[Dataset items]
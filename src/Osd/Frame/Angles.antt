-- ===== src/Osd/Frame/Angles.antt =====
-- The angles that `addOsd` turns by, and turning back.
use jrtplib4android.Prelude.{
  ℕ, zero, suc, ◌+◌, ◌*◌, ◌-◌, ◌/◌, ◌%◌, ◌<◌, ◌≤◌, ◌≡◌, refl, sym, ap, ◌∙◌, some, List, arith,
  length, get_elem?, dec_lt, subst, ◌⊎◌, inl, inr,
}
use jrtplib4android.Osd.Frame.{turn}
use jrtplib4android.Osd.Frame.Turn.{frame_size, turn_90-clockwise, turn_270-clockwise}
use jrtplib4android.Osd.Frame.Straight.{turn_0-Same}
use jrtplib4android.Osd.Frame.Picture.{
  Picture, Same, nv21, nv12, quarters, chroma_at, Same-trans, quarters-Same, quarters-four,
  exchanged, exchanged-Same, place, clockwise,
}

-- The angles, in quarter turns.
pub data Angle : Type 0 where
  straight : Angle
  right : Angle
  left : Angle

abbrev pub count : Angle → ℕ
count straight = 0
count right = 1
count left = 3

abbrev pub degrees : Angle → ℕ
degrees straight = 0
degrees right = 90
degrees left = 270

abbrev pub opposite : Angle → Angle
opposite straight = straight
opposite right = left
opposite left = right

-- For frames of `2 * a` by `2 * b` points, and memory for such a frame in both buffers, the turn
-- succeeds for each of the three angles. Read as NV12, the result shows what the source shows as
-- NV21, turned clockwise as often as the angle says, and the reported width is that picture's.
pub turn_lem :
    (g : Angle) (a b : ℕ) (src dest : List ℕ)
    → frame_size a b ≤ length src
    → frame_size a b ≤ length dest
    → let p : Picture = quarters (count g) (nv21 a b src) in
      (e : List ℕ) × (turn (degrees g) (2 * a) (2 * b) src dest ≡ some (e, 2 * p.a))
      × (length e ≡ length dest)
      × Same (nv12 p.a p.b e) p
unfolding turn
turn_lem straight a b src dest enough room =
    let (e, ran, size, same) = turn_0-Same src dest a b enough room in (e, rw ran, size, same)
turn_lem right a b src dest enough room =
    let (e, ran, size, same) = turn_90-clockwise src dest a b enough room in (e, rw ran, size, same)
turn_lem left a b src dest enough room =
    let (e, ran, size, same) = turn_270-clockwise src dest a b enough room in
    (e, rw ran, size, same)

-- A byte of a frame is a point's brightness, or a colour of a square.
bytes-Same :
    (a b : ℕ) (e src : List ℕ)
    → Same (nv21 a b e) (nv21 a b src)
    → (i : ℕ) → i < frame_size a b
    → get_elem? e i ≡ get_elem? src i
bytes-Same a b e src same i h = elim (dec_lt i (2 * a * (2 * b))) [
  | yes k ↦
      let turned : 2 * b * (2 * a) ≡ 2 * a * (2 * b) = grind arith in
      let (row, column, at, hr, hc) = place (2 * a) (2 * b) i (omega (arith, turned)) in
      ap (λ j. get_elem? e j) at
      ∙ (same.same_y column row hc hr ∙ ap (λ j. get_elem? src j) (sym at))
  | no k ↦
      let n : ℕ = 2 * a * (2 * b) in
      let half : b * (2 * a) ≡ 2 * a * b = grind arith in
      let (row, column, at, hr, hc) = place (2 * a) b (i - n) (omega (arith, half, k)) in
      elim (chroma_byte n row column) [
        | inl even ↦
            let there : i ≡ chroma_at a b (column / 2) row = omega (arith, at, even, k) in
            ap (λ j. get_elem? e j) there
            ∙ (same.same_v (column / 2) row (omega arith) hr
                ∙ ap (λ j. get_elem? src j) (sym there))
        | inr odd ↦
            let there : i ≡ chroma_at a b (column / 2) row + 1 = omega (arith, at, odd, k) in
            ap (λ j. get_elem? e j) there
            ∙ (same.same_u (column / 2) row (omega arith) hr
                ∙ ap (λ j. get_elem? src j) (sym there))
      ]
]
  where
    chroma_byte : (n row column : ℕ) → (column ≡ 2 * (column / 2)) ⊎ (column ≡ 2 * (column / 2) + 1)
    chroma_byte n row column = elim (dec_lt (column % 2) 1) [
      | yes k ↦ inl (omega arith)
      | no k ↦ inr (omega (arith, k))
    ]

-- Four quarter turns in all, the first of a frame in NV21, the others of what they made of it.
turned_back :
    (k a b : ℕ) (e f : List ℕ) (p : Picture)
    → Same (nv12 b a e) p
    → Same (nv12 a b f) (quarters k (nv21 b a e))
    → Same (nv21 a b f) (quarters k p)
turned_back k a b e f p same back =
    Same-trans (nv21 a b f) (quarters k (nv12 b a e)) (quarters k p)
      (subst (λ q. Same (nv21 a b f) q) (exchanged-quarters k (nv21 b a e))
        (exchanged-Same (nv12 a b f) (quarters k (nv21 b a e)) back))
      (quarters-Same k (nv12 b a e) p same)
  where
    exchanged-quarters : (k : ℕ) (q : Picture) → exchanged (quarters k q) ≡ quarters k (exchanged q)
    exchanged-quarters zero q = refl
    exchanged-quarters (suc k) q = ap clockwise (exchanged-quarters k q)

size_comm : (a b : ℕ) → frame_size b a ≡ frame_size a b
size_comm a b = grind arith

-- So when there are four in all, the bytes are those of the first frame.
all_round :
    (j k a b : ℕ) (src e f : List ℕ)
    → Same (quarters k (quarters j (nv21 a b src))) (nv21 a b src)
    → Same (nv12 b a e) (quarters j (nv21 a b src))
    → Same (nv12 a b f) (quarters k (nv21 b a e))
    → (i : ℕ) → i < frame_size a b
    → get_elem? f i ≡ get_elem? src i
all_round j k a b src e f round same back =
    let p : Picture = quarters j (nv21 a b src) in
    bytes-Same a b f src (
      Same-trans (nv21 a b f) (quarters k p) (nv21 a b src) (turned_back k a b e f p same back)
        round)

-- A frame of `2 * a` by `2 * b` points that is turned, and turned back by the opposite angle, has its
-- bytes again: the colours are exchanged twice. All three buffers have room for the frame.
pub turn-turn :
    (g : Angle) (a b : ℕ) (src dest other : List ℕ)
    → frame_size a b ≤ length src
    → frame_size a b ≤ length dest
    → frame_size a b ≤ length other
    → let p : Picture = quarters (count g) (nv21 a b src) in
      (e f : List ℕ) × (turn (degrees g) (2 * a) (2 * b) src dest ≡ some (e, 2 * p.a))
      × (turn (degrees (opposite g)) (2 * p.a) (2 * p.b) e other ≡ some (f, 2 * a))
      × ((i : ℕ) → i < frame_size a b → get_elem? f i ≡ get_elem? src i)
turn-turn straight a b src dest other enough room more =
    let (e, ran, size, same) = turn_lem straight a b src dest enough room in
    let (f, again, size2, back) = turn_lem straight a b e other (omega (arith, size)) more in
    (
      e,
      f,
      ran,
      again,
      bytes-Same a b f src (
          Same-trans (nv21 a b f) (nv12 a b e) (nv21 a b src)
            (exchanged-Same (nv12 a b f) (nv21 a b e) back) same),
    )
turn-turn right a b src dest other enough room more =
    let (e, ran, size, same) = turn_lem right a b src dest enough room in
    let (f, again, size2, back) =
      turn_lem left b a e other (omega (arith, size, size_comm a b))
        (omega (arith, size_comm a b)) in
    (e, f, ran, again, all_round 1 3 a b src e f (quarters-four (nv21 a b src)) same back)
turn-turn left a b src dest other enough room more =
    let (e, ran, size, same) = turn_lem left a b src dest enough room in
    let (f, again, size2, back) =
      turn_lem right b a e other (omega (arith, size, size_comm a b))
        (omega (arith, size_comm a b)) in
    (e, f, ran, again, all_round 3 1 a b src e f (quarters-four (nv21 a b src)) same back)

What you need to do: Each entry in the data should be restated exactly as it was written.

The completed task:
filename src/Osd/Frame/Angles.antt
-- ===== src/Osd/Frame/Angles.antt =====
-- The angles that `addOsd` turns by, and turning back.
use jrtplib4android.Prelude.{
  ℕ, zero, suc, ◌+◌, ◌*◌, ◌-◌, ◌/◌, ◌%◌, ◌<◌, ◌≤◌, ◌≡◌, refl, sym, ap, ◌∙◌, some, List, arith,
  length, get_elem?, dec_lt, subst, ◌⊎◌, inl, inr,
}
use jrtplib4android.Osd.Frame.{turn}
use jrtplib4android.Osd.Frame.Turn.{frame_size, turn_90-clockwise, turn_270-clockwise}
use jrtplib4android.Osd.Frame.Straight.{turn_0-Same}
use jrtplib4android.Osd.Frame.Picture.{
  Picture, Same, nv21, nv12, quarters, chroma_at, Same-trans, quarters-Same, quarters-four,
  exchanged, exchanged-Same, place, clockwise,
}

-- The angles, in quarter turns.
pub data Angle : Type 0 where
  straight : Angle
  right : Angle
  left : Angle

abbrev pub count : Angle → ℕ
count straight = 0
count right = 1
count left = 3

abbrev pub degrees : Angle → ℕ
degrees straight = 0
degrees right = 90
degrees left = 270

abbrev pub opposite : Angle → Angle
opposite straight = straight
opposite right = left
opposite left = right

-- For frames of `2 * a` by `2 * b` points, and memory for such a frame in both buffers, the turn
-- succeeds for each of the three angles. Read as NV12, the result shows what the source shows as
-- NV21, turned clockwise as often as the angle says, and the reported width is that picture's.
pub turn_lem :
    (g : Angle) (a b : ℕ) (src dest : List ℕ)
    → frame_size a b ≤ length src
    → frame_size a b ≤ length dest
    → let p : Picture = quarters (count g) (nv21 a b src) in
      (e : List ℕ) × (turn (degrees g) (2 * a) (2 * b) src dest ≡ some (e, 2 * p.a))
      × (length e ≡ length dest)
      × Same (nv12 p.a p.b e) p
unfolding turn
turn_lem straight a b src dest enough room =
    let (e, ran, size, same) = turn_0-Same src dest a b enough room in (e, rw ran, size, same)
turn_lem right a b src dest enough room =
    let (e, ran, size, same) = turn_90-clockwise src dest a b enough room in (e, rw ran, size, same)
turn_lem left a b src dest enough room =
    let (e, ran, size, same) = turn_270-clockwise src dest a b enough room in
    (e, rw ran, size, same)

-- A byte of a frame is a point's brightness, or a colour of a square.
bytes-Same :
    (a b : ℕ) (e src : List ℕ)
    → Same (nv21 a b e) (nv21 a b src)
    → (i : ℕ) → i < frame_size a b
    → get_elem? e i ≡ get_elem? src i
bytes-Same a b e src same i h = elim (dec_lt i (2 * a * (2 * b))) [
  | yes k ↦
      let turned : 2 * b * (2 * a) ≡ 2 * a * (2 * b) = grind arith in
      let (row, column, at, hr, hc) = place (2 * a) (2 * b) i (omega (arith, turned)) in
      ap (λ j. get_elem? e j) at
      ∙ (same.same_y column row hc hr ∙ ap (λ j. get_elem? src j) (sym at))
  | no k ↦
      let n : ℕ = 2 * a * (2 * b) in
      let half : b * (2 * a) ≡ 2 * a * b = grind arith in
      let (row, column, at, hr, hc) = place (2 * a) b (i - n) (omega (arith, half, k)) in
      elim (chroma_byte n row column) [
        | inl even ↦
            let there : i ≡ chroma_at a b (column / 2) row = omega (arith, at, even, k) in
            ap (λ j. get_elem? e j) there
            ∙ (same.same_v (column / 2) row (omega arith) hr
                ∙ ap (λ j. get_elem? src j) (sym there))
        | inr odd ↦
            let there : i ≡ chroma_at a b (column / 2) row + 1 = omega (arith, at, odd, k) in
            ap (λ j. get_elem? e j) there
            ∙ (same.same_u (column / 2) row (omega arith) hr
                ∙ ap (λ j. get_elem? src j) (sym there))
      ]
]
  where
    chroma_byte : (n row column : ℕ) → (column ≡ 2 * (column / 2)) ⊎ (column ≡ 2 * (column / 2) + 1)
    chroma_byte n row column = elim (dec_lt (column % 2) 1) [
      | yes k ↦ inl (omega arith)
      | no k ↦ inr (omega (arith, k))
    ]

-- Four quarter turns in all, the first of a frame in NV21, the others of what they made of it.
turned_back :
    (k a b : ℕ) (e f : List ℕ) (p : Picture)
    → Same (nv12 b a e) p
    → Same (nv12 a b f) (quarters k (nv21 b a e))
    → Same (nv21 a b f) (quarters k p)
turned_back k a b e f p same back =
    Same-trans (nv21 a b f) (quarters k (nv12 b a e)) (quarters k p)
      (subst (λ q. Same (nv21 a b f) q) (exchanged-quarters k (nv21 b a e))
        (exchanged-Same (nv12 a b f) (quarters k (nv21 b a e)) back))
      (quarters-Same k (nv12 b a e) p same)
  where
    exchanged-quarters : (k : ℕ) (q : Picture) → exchanged (quarters k q) ≡ quarters k (exchanged q)
    exchanged-quarters zero q = refl
    exchanged-quarters (suc k) q = ap clockwise (exchanged-quarters k q)

size_comm : (a b : ℕ) → frame_size b a ≡ frame_size a b
size_comm a b = grind arith

-- So when there are four in all, the bytes are those of the first frame.
all_round :
    (j k a b : ℕ) (src e f : List ℕ)
    → Same (quarters k (quarters j (nv21 a b src))) (nv21 a b src)
    → Same (nv12 b a e) (quarters j (nv21 a b src))
    → Same (nv12 a b f) (quarters k (nv21 b a e))
    → (i : ℕ) → i < frame_size a b
    → get_elem? f i ≡ get_elem? src i
all_round j k a b src e f round same back =
    let p : Picture = quarters j (nv21 a b src) in
    bytes-Same a b f src (
      Same-trans (nv21 a b f) (quarters k p) (nv21 a b src) (turned_back k a b e f p same back)
        round)

-- A frame of `2 * a` by `2 * b` points that is turned, and turned back by the opposite angle, has its
-- bytes again: the colours are exchanged twice. All three buffers have room for the frame.
pub turn-turn :
    (g : Angle) (a b : ℕ) (src dest other : List ℕ)
    → frame_size a b ≤ length src
    → frame_size a b ≤ length dest
    → frame_size a b ≤ length other
    → let p : Picture = quarters (count g) (nv21 a b src) in
      (e f : List ℕ) × (turn (degrees g) (2 * a) (2 * b) src dest ≡ some (e, 2 * p.a))
      × (turn (degrees (opposite g)) (2 * p.a) (2 * p.b) e other ≡ some (f, 2 * a))
      × ((i : ℕ) → i < frame_size a b → get_elem? f i ≡ get_elem? src i)
turn-turn straight a b src dest other enough room more =
    let (e, ran, size, same) = turn_lem straight a b src dest enough room in
    let (f, again, size2, back) = turn_lem straight a b e other (omega (arith, size)) more in
    (
      e,
      f,
      ran,
      again,
      bytes-Same a b f src (
          Same-trans (nv21 a b f) (nv12 a b e) (nv21 a b src)
            (exchanged-Same (nv12 a b f) (nv21 a b e) back) same),
    )
turn-turn right a b src dest other enough room more =
    let (e, ran, size, same) = turn_lem right a b src dest enough room in
    let (f, again, size2, back) =
      turn_lem left b a e other (omega (arith, size, size_comm a b))
        (omega (arith, size_comm a b)) in
    (e, f, ran, again, all_round 1 3 a b src e f (quarters-four (nv21 a b src)) same back)
turn-turn left a b src dest other enough room more =
    let (e, ran, size, same) = turn_lem left a b src dest enough room in
    let (f, again, size2, back) =
      turn_lem right b a e other (omega (arith, size, size_comm a b))
        (omega (arith, size_comm a b)) in
    (e, f, ran, again, all_round 3 1 a b src e f (quarters-four (nv21 a b src)) same back)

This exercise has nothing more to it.